Merz is struggling to revive an anaemic German economy and has said the impact of the US-Israeli military action in Iran and the ensuing closure of the strait of Hormuz has been severely damaging to European interests.
Late last month he stunned listeners in Germany as well as the US with blunt comments stating that the Americans were being “humiliated” by Iran’s leadership in the current conflict, angering Trump.
Days later, Washington announced a partial troop withdrawal from Germany, where it has about 36,000 military service members, and tariff hikes on cars imported from the EU, a sector crucial to the German economy.
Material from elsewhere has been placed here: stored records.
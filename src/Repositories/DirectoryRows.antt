-- ===== src/Repositories/DirectoryRows.antt =====
-- SqlDirectoryRepository of control_node/repositories/sql.py, and `absolute_path` of
-- control_node/services/resolver.py.
pub mod Depth
pub mod Descendants
use mathlib.Core.Option
use dfsha_telematica.Prelude.{
  ℕ, zero, suc, String, Bool, Option, none, some, List, [], ◌∷◌, ◌++◌, length, find_first, ◌==◌,
  string_eq, true, false, ◌+◌, map, keep, any_of, count_where, update_where, ◌&&◌, list_eq, nat_eq,
}
use dfsha_telematica.Errors.{runtime_error}
use dfsha_telematica.FilePath.{Text, FilePath}
use dfsha_telematica.Entities.{Directory, File, committed, file_state_eq}
use dfsha_telematica.Session.{Exec, gets, modify, pure, raise, ◌>>=◌}
use dfsha_telematica.Database.{Database}

abbrev pub has_id : String → Directory → Bool
has_id directory_id d = d.id == directory_id

abbrev pub by_id : String → List Directory → Option Directory
by_id directory_id rows = find_first (has_id directory_id) rows

abbrev pub get : String → Exec Database (Option Directory)
get directory_id = gets (λ db. by_id directory_id db.directories)

abbrev pub is_live : Option ℕ → Bool
is_live none = true
is_live (some t) = false

abbrev pub is_top : Option String → Bool
is_top none = true
is_top (some up) = false

abbrev pub hangs_from : Option String → String → Bool
hangs_from none parent_id = false
hangs_from (some up) parent_id = up == parent_id

abbrev pub is_root_of : String → Directory → Bool
is_root_of owner_id d = d.owner_id == owner_id && is_top d.parent_id && is_live d.deleted_at

abbrev pub get_root : String → Exec Database (Option Directory)
get_root owner_id = gets (λ db. find_first (is_root_of owner_id) db.directories)

abbrev pub is_child_of : String → Text → Directory → Bool
is_child_of parent_id name d =
    hangs_from d.parent_id parent_id && d.name == name && is_live d.deleted_at

abbrev pub child_of : String → Text → List Directory → Option Directory
child_of parent_id name rows = find_first (is_child_of parent_id name) rows

abbrev pub get_child : String → Text → Exec Database (Option Directory)
get_child parent_id name = gets (λ db. child_of parent_id name db.directories)

abbrev pub add : Directory → Exec Database (Unit {0})
add directory = modify (λ db. record db { directories = db.directories ++ directory ∷ [] })

abbrev pub is_live_child : String → Directory → Bool
is_live_child parent_id d = hangs_from d.parent_id parent_id && is_live d.deleted_at

abbrev pub is_committed_in : String → File → Bool
is_committed_in directory_id f = f.directory_id == directory_id && f.state == committed

abbrev pub children_of : String → Database → ℕ
children_of directory_id db =
    count_where (is_live_child directory_id) db.directories
    + count_where (is_committed_in directory_id) db.files

abbrev pub count_children : String → Exec Database ℕ
count_children directory_id = gets (children_of directory_id)

abbrev pub moved_to : String → Text → Directory → Directory
moved_to new_parent_id new_name d = record d { parent_id = some new_parent_id; name = new_name }

abbrev pub move : String → String → Text → Exec Database (Unit {0})
move directory_id new_parent_id new_name = modify (λ db. record db {
  directories = update_where (has_id directory_id) (moved_to new_parent_id new_name) db.directories;
})

abbrev pub one_of : List String → String → Bool
one_of ids x = any_of (λ i. i == x) ids

abbrev pub removed_at : ℕ → Directory → Directory
removed_at now d = record d { deleted_at = some now }

-- Nothing is written for an empty list, and nothing would be.
abbrev pub mark_many_deleted : List String → ℕ → Exec Database (Unit {0})
mark_many_deleted ids now = modify (λ db. record db {
  directories = update_where (λ (d : Directory). one_of ids d.id) (removed_at now) db.directories;
})

abbrev pub hangs_in : Option String → List String → Bool
hangs_in none ids = false
hangs_in (some up) ids = one_of ids up

-- `WHERE parent_id IN (...)`, live.
abbrev pub next_level : List String → List Directory → List Directory
next_level ids rows =
    keep (λ (d : Directory). hangs_in d.parent_id ids && is_live d.deleted_at) rows

-- The loop of `list_descendants`, one round for each level; without fuel it has not ended.
abbrev pub levels : List Directory → ℕ → List String → Option (List Directory)
levels rows zero ids = none
levels rows (suc fuel) ids = elim (next_level ids rows) [
  | [] ↦ some []
  | d ∷ ds ↦
      Option.map (λ deeper. (d ∷ ds) ++ deeper)
        (levels rows fuel (map (λ (e : Directory). e.id) (d ∷ ds)))
]

abbrev pub found_rows : Option (List Directory) → Exec Database (List Directory)
found_rows none = raise runtime_error
found_rows (some rows) = pure rows

-- In a table without cycles there are no more levels than rows.
abbrev pub list_descendants : String → Exec Database (List Directory)
list_descendants directory_id = do
  found ← gets (λ db. levels db.directories (suc (length db.directories)) (directory_id ∷ []))
  found_rows found

-- The loop of `absolute_path`, from a directory up; it collects the names from the top down, and
-- without fuel it has not ended.
abbrev pub climb : List Directory → ℕ → Option Directory → List Text → Option (List Text)
climb rows zero d below = none
climb rows (suc fuel) none below = some below
climb rows (suc fuel) (some d) below = elim d.parent_id [
  | none ↦ some below
  | some up ↦ climb rows fuel (by_id up rows) (d.name ∷ below)
]

abbrev pub found_path : Option (List Text) → Exec Database FilePath
found_path none = raise runtime_error
found_path (some segments) = pure (record { segments = segments })

-- A path in a table without cycles is shorter than the table.
unfoldable pub absolute_path : String → Exec Database FilePath
absolute_path directory_id = do
  found ← gets (λ db.
      climb db.directories (suc (length db.directories)) (by_id directory_id db.directories) [])
  found_path found
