-- ===== src/Repositories/BlockRows.antt =====
-- SqlBlockRepository of control_node/repositories/sql.py: the table of blocks, and the counts of
-- their stored replicas.
use dfsha_telematica.Prelude.{
  ℕ, String, Bool, false, ◌&&◌, Option, none, some, List, map, leb, ltb, keep, count_where, sorted,
  ◌==◌, string_eq,
}
use dfsha_telematica.Entities.{Block, BlockReplica, stored, replica_state_eq}
use dfsha_telematica.Session.{Exec, gets}
use dfsha_telematica.Database.{Database}

abbrev pub belongs_to : Option String → String → Bool
belongs_to none file_id = false
belongs_to (some id) file_id = id == file_id

abbrev pub of_file : String → Block → Bool
of_file file_id b = belongs_to b.file_id file_id

abbrev pub in_order : Block → Block → Bool
in_order a b = leb a.index b.index

abbrev pub blocks_of : String → List Block → List Block
blocks_of file_id rows = sorted in_order (keep (of_file file_id) rows)

abbrev pub list_for_file : String → Exec Database (List Block)
list_for_file file_id = gets (λ db. blocks_of file_id db.blocks)

abbrev pub is_stored_copy : String → BlockReplica → Bool
is_stored_copy block_id r = r.block_id == block_id && r.state == stored

-- `coalesce(copies, 0)` of the outer join.
abbrev pub copies : String → List BlockReplica → ℕ
copies block_id replicas = count_where (is_stored_copy block_id) replicas

abbrev pub below_quorum : ℕ → List BlockReplica → Block → Bool
below_quorum quorum replicas b = ltb (copies b.block_id replicas) quorum

abbrev pub ids_below : String → ℕ → Database → List String
ids_below file_id quorum db =
    map (λ (b : Block). b.block_id)
      (keep (below_quorum quorum db.replicas) (blocks_of file_id db.blocks))

abbrev pub blocks_below_quorum : String → ℕ → Exec Database (List String)
blocks_below_quorum file_id quorum = gets (ids_below file_id quorum)
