-- ===== src/Divergence.antt =====
-- control_node/domain/divergence.py: what the metadata expects on a node against what it reports.
pub mod Sets
use dfsha_telematica.Prelude.{
  String, Bool, not, ◌||◌, List, [], ◌∷◌, keep, any_of, str_leb, sorted, ◌==◌, string_eq,
  if◌then◌else◌,
}

pub record DivergenceReport : Type 0 where
  pub unknown_block_ids : List String
  pub missing_block_ids : List String
  pub confirmed_block_ids : List String

abbrev pub is_in : List String → String → Bool
is_in xs x = any_of (λ y. y == x) xs

-- `set(xs)`: each element once.
abbrev pub set_of : List String → List String
set_of [] = []
set_of (x ∷ xs) = let rest = set_of xs in if is_in rest x then rest else x ∷ rest

abbrev pub sorted_set : List String → List String
sorted_set xs = sorted str_leb xs

abbrev pub is_empty : List String → Bool
is_empty [] = Bool.true
is_empty (x ∷ xs) = Bool.false

unfoldable pub has_divergence : DivergenceReport → Bool
has_divergence r = not (is_empty r.unknown_block_ids) || not (is_empty r.missing_block_ids)

unfoldable pub compare : List String → List String → Bool → DivergenceReport
compare expected reported is_full =
    let wanted = set_of expected in
    let present = set_of reported in
    record {
      unknown_block_ids = sorted_set (keep (λ x. not (is_in wanted x)) present);
      confirmed_block_ids = sorted_set (keep (λ x. is_in wanted x) present);
      missing_block_ids =
          if is_full then sorted_set (keep (λ x. not (is_in present x)) wanted) else [];
    }
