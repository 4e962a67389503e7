-- ===== src/Repositories/ReplicaRows.antt =====
-- SqlBlockRepository of control_node/repositories/sql.py: the table of block replicas, whose primary
-- key is the block and the node.
use dfsha_telematica.Prelude.{
  ℕ, String, Bool, true, false, not, ◌&&◌, Option, none, some, List, [], ◌∷◌, ◌++◌, map, keep,
  any_of, update_where, count_where, ◌==◌, string_eq, if◌then◌else◌,
}
use dfsha_telematica.Entities.{ReplicaState, pending, replica_state_eq, BlockReplica}
use dfsha_telematica.Divergence.{is_in, is_empty}
use dfsha_telematica.Session.{Exec, gets, state}
use dfsha_telematica.Database.{Database}

abbrev pub of_key : String → String → BlockReplica → Bool
of_key block_id data_node_id r = r.block_id == block_id && r.data_node_id == data_node_id

abbrev pub in_states : List ReplicaState → BlockReplica → Bool
in_states states r = any_of (λ s. r.state == s) states

abbrev pub put_state : ReplicaState → BlockReplica → BlockReplica
put_state new r = record r { state = new }

abbrev pub add_replica : String → String → ReplicaState → ℕ → Exec Database Bool
add_replica block_id data_node_id new now = state λ db.
    if any_of (of_key block_id data_node_id) db.replicas then (false, db) else (
      true,
      record db {
        replicas =
            db.replicas
            ++ record {
              block_id = block_id;
              data_node_id = data_node_id;
              state = new;
              created_at = now;
            }
              ∷ [];
      },
    )

abbrev pub drop_replica : String → String → Exec Database Bool
drop_replica block_id data_node_id = state λ db.
    let planned = λ (r : BlockReplica). of_key block_id data_node_id r && r.state == pending in
    (any_of planned db.replicas, record db { replicas = keep (λ r. not (planned r)) db.replicas })

abbrev pub on_node : String → List ReplicaState → BlockReplica → Bool
on_node data_node_id states r = r.data_node_id == data_node_id && in_states states r

abbrev pub ids_on_node : String → List ReplicaState → List BlockReplica → List String
ids_on_node data_node_id states rows =
    map (λ (r : BlockReplica). r.block_id) (keep (on_node data_node_id states) rows)

abbrev pub list_block_ids_on_node : String → List ReplicaState → Exec Database (List String)
list_block_ids_on_node data_node_id states =
    gets (λ db. ids_on_node data_node_id states db.replicas)

abbrev pub reported_on : List String → String → BlockReplica → Bool
reported_on block_ids data_node_id r = is_in block_ids r.block_id && r.data_node_id == data_node_id

abbrev pub states_set : List String → String → ReplicaState → List BlockReplica → List BlockReplica
states_set block_ids data_node_id new rows =
    update_where (reported_on block_ids data_node_id) (put_state new) rows

abbrev pub set_replicas_state : List String → String → ReplicaState → Exec Database ℕ
set_replicas_state block_ids data_node_id new = state λ db.
    if is_empty block_ids then (0, db) else (
      count_where (reported_on block_ids data_node_id) db.replicas,
      record db { replicas = states_set block_ids data_node_id new db.replicas },
    )

-- The condition of `mark_node_replicas`: without `only_from`, every replica of the node.
abbrev pub to_mark : String → Option (List ReplicaState) → BlockReplica → Bool
to_mark data_node_id none r = r.data_node_id == data_node_id
to_mark data_node_id (some only_from) r = on_node data_node_id only_from r

abbrev pub marked :
    String → ReplicaState → Option (List ReplicaState) → List BlockReplica → List BlockReplica
marked data_node_id new only_from rows =
    update_where (to_mark data_node_id only_from) (put_state new) rows

abbrev pub mark_node_replicas : String → ReplicaState → Option (List ReplicaState) → Exec Database ℕ
mark_node_replicas data_node_id new only_from = state λ db. (
  count_where (to_mark data_node_id only_from) db.replicas,
  record db { replicas = marked data_node_id new only_from db.replicas },
)
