-- ===== src/Repositories/BlockPlanRows.antt =====
-- SqlBlockRepository of control_node/repositories/sql.py: the statements that plan, attach and delete
-- blocks, and the queries of the collector.
use dfsha_telematica.Prelude.{
  ℕ, ◌+◌, String, Bool, true, false, not, ◌&&◌, ◌||◌, Option, none, some, List, [], ◌∷◌, ◌++◌, map,
  leb, ltb, keep, any_of, count_where, find_first, update_where, sorted, str_leb, ◌==◌, string_eq,
  if◌then◌else◌,
}
use dfsha_telematica.Entities.{
  File, writing, deleted, file_state_eq, Block, BlockReplica, stored, replica_state_eq, reached,
}
use dfsha_telematica.Rows.{Task}
use dfsha_telematica.Session.{Exec, gets, modify, state}
use dfsha_telematica.Database.{Database}
use dfsha_telematica.Repositories.BlockRows.{copies, in_order}
use dfsha_telematica.Repositories.ReplicaRows.{of_key, put_state}

abbrev pub one_of : List String → String → Bool
one_of ids x = any_of (λ i. i == x) ids

abbrev pub has_id : String → Block → Bool
has_id block_id b = b.block_id == block_id

abbrev pub planned : List Block → List BlockReplica → Database → Database
planned blocks replicas db = record db {
  blocks = db.blocks ++ blocks;
  replicas = db.replicas ++ replicas;
}

abbrev pub add_plan : List Block → List BlockReplica → Exec Database (Unit {0})
add_plan blocks replicas = modify (planned blocks replicas)

abbrev pub put_file : Option String → Block → Block
put_file file_id b = record b { file_id = file_id }

abbrev pub detached : String → List Block → List Block
detached block_id rows = update_where (has_id block_id) (put_file none) rows

abbrev pub detach : String → Exec Database (Unit {0})
detach block_id = modify (λ db. record db { blocks = detached block_id db.blocks })

-- Nothing is written for an empty list, and nothing would be.
abbrev pub attached : List String → String → List Block → List Block
attached block_ids file_id rows =
    update_where (λ (b : Block). one_of block_ids b.block_id) (put_file (some file_id)) rows

abbrev pub attach : List String → String → Exec Database (Unit {0})
attach block_ids file_id =
    modify (λ db. record db { blocks = attached block_ids file_id db.blocks })

abbrev pub get : String → Exec Database (Option Block)
get block_id = gets (λ db. find_first (has_id block_id) db.blocks)

abbrev pub replicas_of : String → List BlockReplica → List BlockReplica
replicas_of block_id rows = keep (λ (r : BlockReplica). r.block_id == block_id) rows

-- The list that `list_replicas` gives under the key of one block.
abbrev pub list_replicas : String → Exec Database (List BlockReplica)
list_replicas block_id = gets (λ db. replicas_of block_id db.replicas)

abbrev pub with_checksum : String → Block → Block
with_checksum checksum_sha256 b = record b { checksum_sha256 = some checksum_sha256 }

abbrev pub stored_in : String → String → String → Database → Database
stored_in block_id data_node_id checksum_sha256 db = record db {
  replicas = update_where (of_key block_id data_node_id) (put_state stored) db.replicas;
  blocks = update_where (has_id block_id) (with_checksum checksum_sha256) db.blocks;
}

-- Without a row of the plan, the UPDATE of the replicas touches nothing.
abbrev pub mark_stored : String → String → String → Exec Database Bool
mark_stored block_id data_node_id checksum_sha256 = state λ db.
    if any_of (has_id block_id) db.blocks && any_of (of_key block_id data_node_id) db.replicas
    then (true, stored_in block_id data_node_id checksum_sha256 db)
    else (false, db)

abbrev pub below_in : List String → ℕ → List BlockReplica → Block → Bool
below_in block_ids quorum replicas b =
    one_of block_ids b.block_id && ltb (copies b.block_id replicas) quorum

-- Of the blocks that exist, those of the list with fewer copies; in order of their index.
abbrev pub ids_below_quorum : List String → ℕ → Exec Database (List String)
ids_below_quorum block_ids quorum = gets (λ db.
    map (λ (b : Block). b.block_id)
      (sorted in_order (keep (below_in block_ids quorum db.replicas) db.blocks)))

abbrev pub is_garbage_file : ℕ → Option File → Bool
is_garbage_file now none = false
is_garbage_file now (some f) =
    f.state == deleted || (f.state == writing && reached f.expires_at now)

abbrev pub is_orphan : ℕ → List File → Block → Bool
is_orphan now files b = elim b.file_id [
  | none ↦ true
  | some file_id ↦ is_garbage_file now (find_first (λ (f : File). f.id == file_id) files)
]

abbrev pub file_before : Option String → Option String → Bool
file_before none other = true
file_before (some a) none = false
file_before (some a) (some b) = str_leb a b

-- `ORDER BY file_id, index`, the rows without a file first.
abbrev pub orphan_before : Block → Block → Bool
orphan_before a b =
    if file_before a.file_id b.file_id
    then (if file_before b.file_id a.file_id then leb a.index b.index else true)
    else false

abbrev pub orphans : ℕ → Database → List Block
orphans now db = sorted orphan_before (keep (is_orphan now db.files) db.blocks)

abbrev pub list_orphans : ℕ → Exec Database (List (Block × List BlockReplica))
list_orphans now =
    gets (λ db. map (λ (b : Block). (b, replicas_of b.block_id db.replicas)) (orphans now db))

-- The rows of tasks of a deleted block go with it (`ON DELETE CASCADE`).
abbrev pub without_blocks : List String → Database → Database
without_blocks block_ids db = record db {
  replicas = keep (λ (r : BlockReplica). not (one_of block_ids r.block_id)) db.replicas;
  blocks = keep (λ (b : Block). not (one_of block_ids b.block_id)) db.blocks;
  tasks = keep (λ (t : Task). not (one_of block_ids t.block_id)) db.tasks;
}

abbrev pub delete_blocks : List String → Exec Database ℕ
delete_blocks block_ids = state λ db. (
  count_where (λ (b : Block). one_of block_ids b.block_id) db.blocks,
  without_blocks block_ids db,
)

abbrev pub sum_sizes : List Block → ℕ
sum_sizes [] = 0
sum_sizes (b ∷ bs) = b.size + sum_sizes bs

abbrev pub total_size : String → List Block → ℕ
total_size block_id rows = sum_sizes (keep (has_id block_id) rows)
Merz, whose popularity ratings are plumbing record depths in German polls, has since then said he was “not giving up on working on the transatlantic relationship”, while declining opportunities to retract his criticism of Trump.

Updated at 12.16 BST3h ago12.04 BST
German chancellor Friedrich Merz has posted the following statement on his X account:
We strongly condemn the renewed Iranian airstrikes against the United Arab Emirates and other partners. Attacks on nuclear facilities pose a threat to the safety of people throughout the entire region. There must be no further escalation of violence.
Iran must enter into serious negotiations with the USA, stop threatening its neighbours, and open the strait of Hormuz without restrictions.
Merz’s comments come after a drone strike caused a fire on the edge of the UAE’s only nuclear power plant on Sunday in what authorities called an “unprovoked terrorist attack” (see post at 08.48 more details).
Iran announces new body to manage strait of Hormuz
Iran’s top security body has announced the formation of a new body to manage the strait of Hormuz, which Tehran has effectively closed to countries it deems hostile to it – and wants to charge ships to traverse.
On its official X account, the Supreme national security council shared a post for the Persian Gulf Strait Authority (PGSA) saying it would provide “real‑time updates on the Hormuz Strait operations and latest developments”.